[Opening Input material section]
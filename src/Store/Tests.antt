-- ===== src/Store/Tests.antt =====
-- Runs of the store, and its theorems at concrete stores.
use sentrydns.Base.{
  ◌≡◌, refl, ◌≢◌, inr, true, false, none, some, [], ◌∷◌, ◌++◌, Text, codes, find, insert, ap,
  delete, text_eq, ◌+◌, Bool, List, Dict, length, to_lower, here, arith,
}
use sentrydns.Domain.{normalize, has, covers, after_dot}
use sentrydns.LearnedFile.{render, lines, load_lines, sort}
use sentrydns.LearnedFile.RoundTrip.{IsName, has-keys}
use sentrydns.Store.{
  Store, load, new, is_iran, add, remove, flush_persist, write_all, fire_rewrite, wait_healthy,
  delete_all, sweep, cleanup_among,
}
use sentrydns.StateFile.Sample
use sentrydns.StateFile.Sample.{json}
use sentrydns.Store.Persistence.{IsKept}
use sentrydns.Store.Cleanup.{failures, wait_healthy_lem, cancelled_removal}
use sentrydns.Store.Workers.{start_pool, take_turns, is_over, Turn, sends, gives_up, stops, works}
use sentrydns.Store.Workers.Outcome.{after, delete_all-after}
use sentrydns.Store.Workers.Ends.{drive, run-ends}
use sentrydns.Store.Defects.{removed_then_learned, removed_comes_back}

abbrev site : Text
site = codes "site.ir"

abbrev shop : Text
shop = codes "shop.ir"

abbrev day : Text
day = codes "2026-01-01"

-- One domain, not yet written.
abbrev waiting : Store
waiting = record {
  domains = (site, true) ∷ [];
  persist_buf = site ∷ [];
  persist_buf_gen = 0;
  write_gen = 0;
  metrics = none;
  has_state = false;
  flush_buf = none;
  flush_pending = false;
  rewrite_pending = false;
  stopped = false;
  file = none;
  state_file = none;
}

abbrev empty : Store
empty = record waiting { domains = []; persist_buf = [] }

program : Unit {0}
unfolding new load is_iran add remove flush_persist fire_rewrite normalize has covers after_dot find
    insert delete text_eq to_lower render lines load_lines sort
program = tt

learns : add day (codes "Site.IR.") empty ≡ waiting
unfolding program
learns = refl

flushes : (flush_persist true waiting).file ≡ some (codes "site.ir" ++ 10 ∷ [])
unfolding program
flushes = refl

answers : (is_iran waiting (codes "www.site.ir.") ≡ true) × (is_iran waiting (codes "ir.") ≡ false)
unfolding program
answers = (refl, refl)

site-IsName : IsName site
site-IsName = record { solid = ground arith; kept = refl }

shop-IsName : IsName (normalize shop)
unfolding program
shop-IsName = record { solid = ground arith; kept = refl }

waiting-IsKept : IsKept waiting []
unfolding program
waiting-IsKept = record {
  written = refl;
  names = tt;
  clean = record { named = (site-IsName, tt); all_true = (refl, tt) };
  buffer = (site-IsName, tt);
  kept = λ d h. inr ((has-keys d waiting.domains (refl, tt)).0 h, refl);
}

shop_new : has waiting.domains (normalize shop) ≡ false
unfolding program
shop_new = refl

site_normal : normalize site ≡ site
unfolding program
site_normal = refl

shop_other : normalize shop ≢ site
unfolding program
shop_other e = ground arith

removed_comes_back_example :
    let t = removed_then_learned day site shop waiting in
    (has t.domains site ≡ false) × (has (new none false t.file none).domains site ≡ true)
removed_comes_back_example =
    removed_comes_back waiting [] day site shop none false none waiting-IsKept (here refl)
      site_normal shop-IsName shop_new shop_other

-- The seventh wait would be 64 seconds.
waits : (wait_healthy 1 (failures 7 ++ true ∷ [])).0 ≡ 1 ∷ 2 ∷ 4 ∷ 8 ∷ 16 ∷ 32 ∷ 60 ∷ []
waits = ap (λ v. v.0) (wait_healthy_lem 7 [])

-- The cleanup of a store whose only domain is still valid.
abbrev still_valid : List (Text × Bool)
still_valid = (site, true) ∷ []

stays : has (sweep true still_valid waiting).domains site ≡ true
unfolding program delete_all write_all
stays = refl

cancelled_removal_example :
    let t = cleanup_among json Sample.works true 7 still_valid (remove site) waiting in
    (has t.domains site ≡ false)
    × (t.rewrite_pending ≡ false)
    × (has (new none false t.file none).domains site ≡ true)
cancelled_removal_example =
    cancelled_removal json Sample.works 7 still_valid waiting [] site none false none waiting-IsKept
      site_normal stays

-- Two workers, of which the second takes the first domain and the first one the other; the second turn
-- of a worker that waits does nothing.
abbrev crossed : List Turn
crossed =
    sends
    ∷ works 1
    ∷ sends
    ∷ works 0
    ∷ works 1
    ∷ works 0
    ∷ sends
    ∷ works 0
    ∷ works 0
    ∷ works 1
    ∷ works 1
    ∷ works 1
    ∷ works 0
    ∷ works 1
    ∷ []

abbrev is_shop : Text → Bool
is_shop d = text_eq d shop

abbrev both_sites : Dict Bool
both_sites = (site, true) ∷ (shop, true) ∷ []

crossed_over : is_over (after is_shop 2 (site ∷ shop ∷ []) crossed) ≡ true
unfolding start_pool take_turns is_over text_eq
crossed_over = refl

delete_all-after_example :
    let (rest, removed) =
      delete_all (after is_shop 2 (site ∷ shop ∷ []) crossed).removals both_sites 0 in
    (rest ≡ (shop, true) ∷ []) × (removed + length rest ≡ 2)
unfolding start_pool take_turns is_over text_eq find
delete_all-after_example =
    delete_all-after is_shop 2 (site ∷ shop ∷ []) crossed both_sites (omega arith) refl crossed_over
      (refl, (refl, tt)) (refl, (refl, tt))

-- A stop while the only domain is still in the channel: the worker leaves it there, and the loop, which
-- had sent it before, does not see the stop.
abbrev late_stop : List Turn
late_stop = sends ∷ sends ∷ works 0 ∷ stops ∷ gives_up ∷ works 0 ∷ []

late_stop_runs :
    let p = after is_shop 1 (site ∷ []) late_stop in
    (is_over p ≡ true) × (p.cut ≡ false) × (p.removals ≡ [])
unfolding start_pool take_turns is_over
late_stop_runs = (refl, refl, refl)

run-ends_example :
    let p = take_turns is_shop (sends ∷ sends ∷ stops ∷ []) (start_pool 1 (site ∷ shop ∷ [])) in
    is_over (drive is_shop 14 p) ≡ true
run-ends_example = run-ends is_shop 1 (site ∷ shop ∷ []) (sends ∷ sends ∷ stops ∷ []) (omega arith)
[Closing Input material section]
What to work on: For the listing above, identify each line bearing "json".

Expected answer:
use sentrydns.StateFile.Sample.{json}
    let t = cleanup_among json Sample.works true 7 still_valid (remove site) waiting in
    cancelled_removal json Sample.works 7 still_valid waiting [] site none false none waiting-IsKept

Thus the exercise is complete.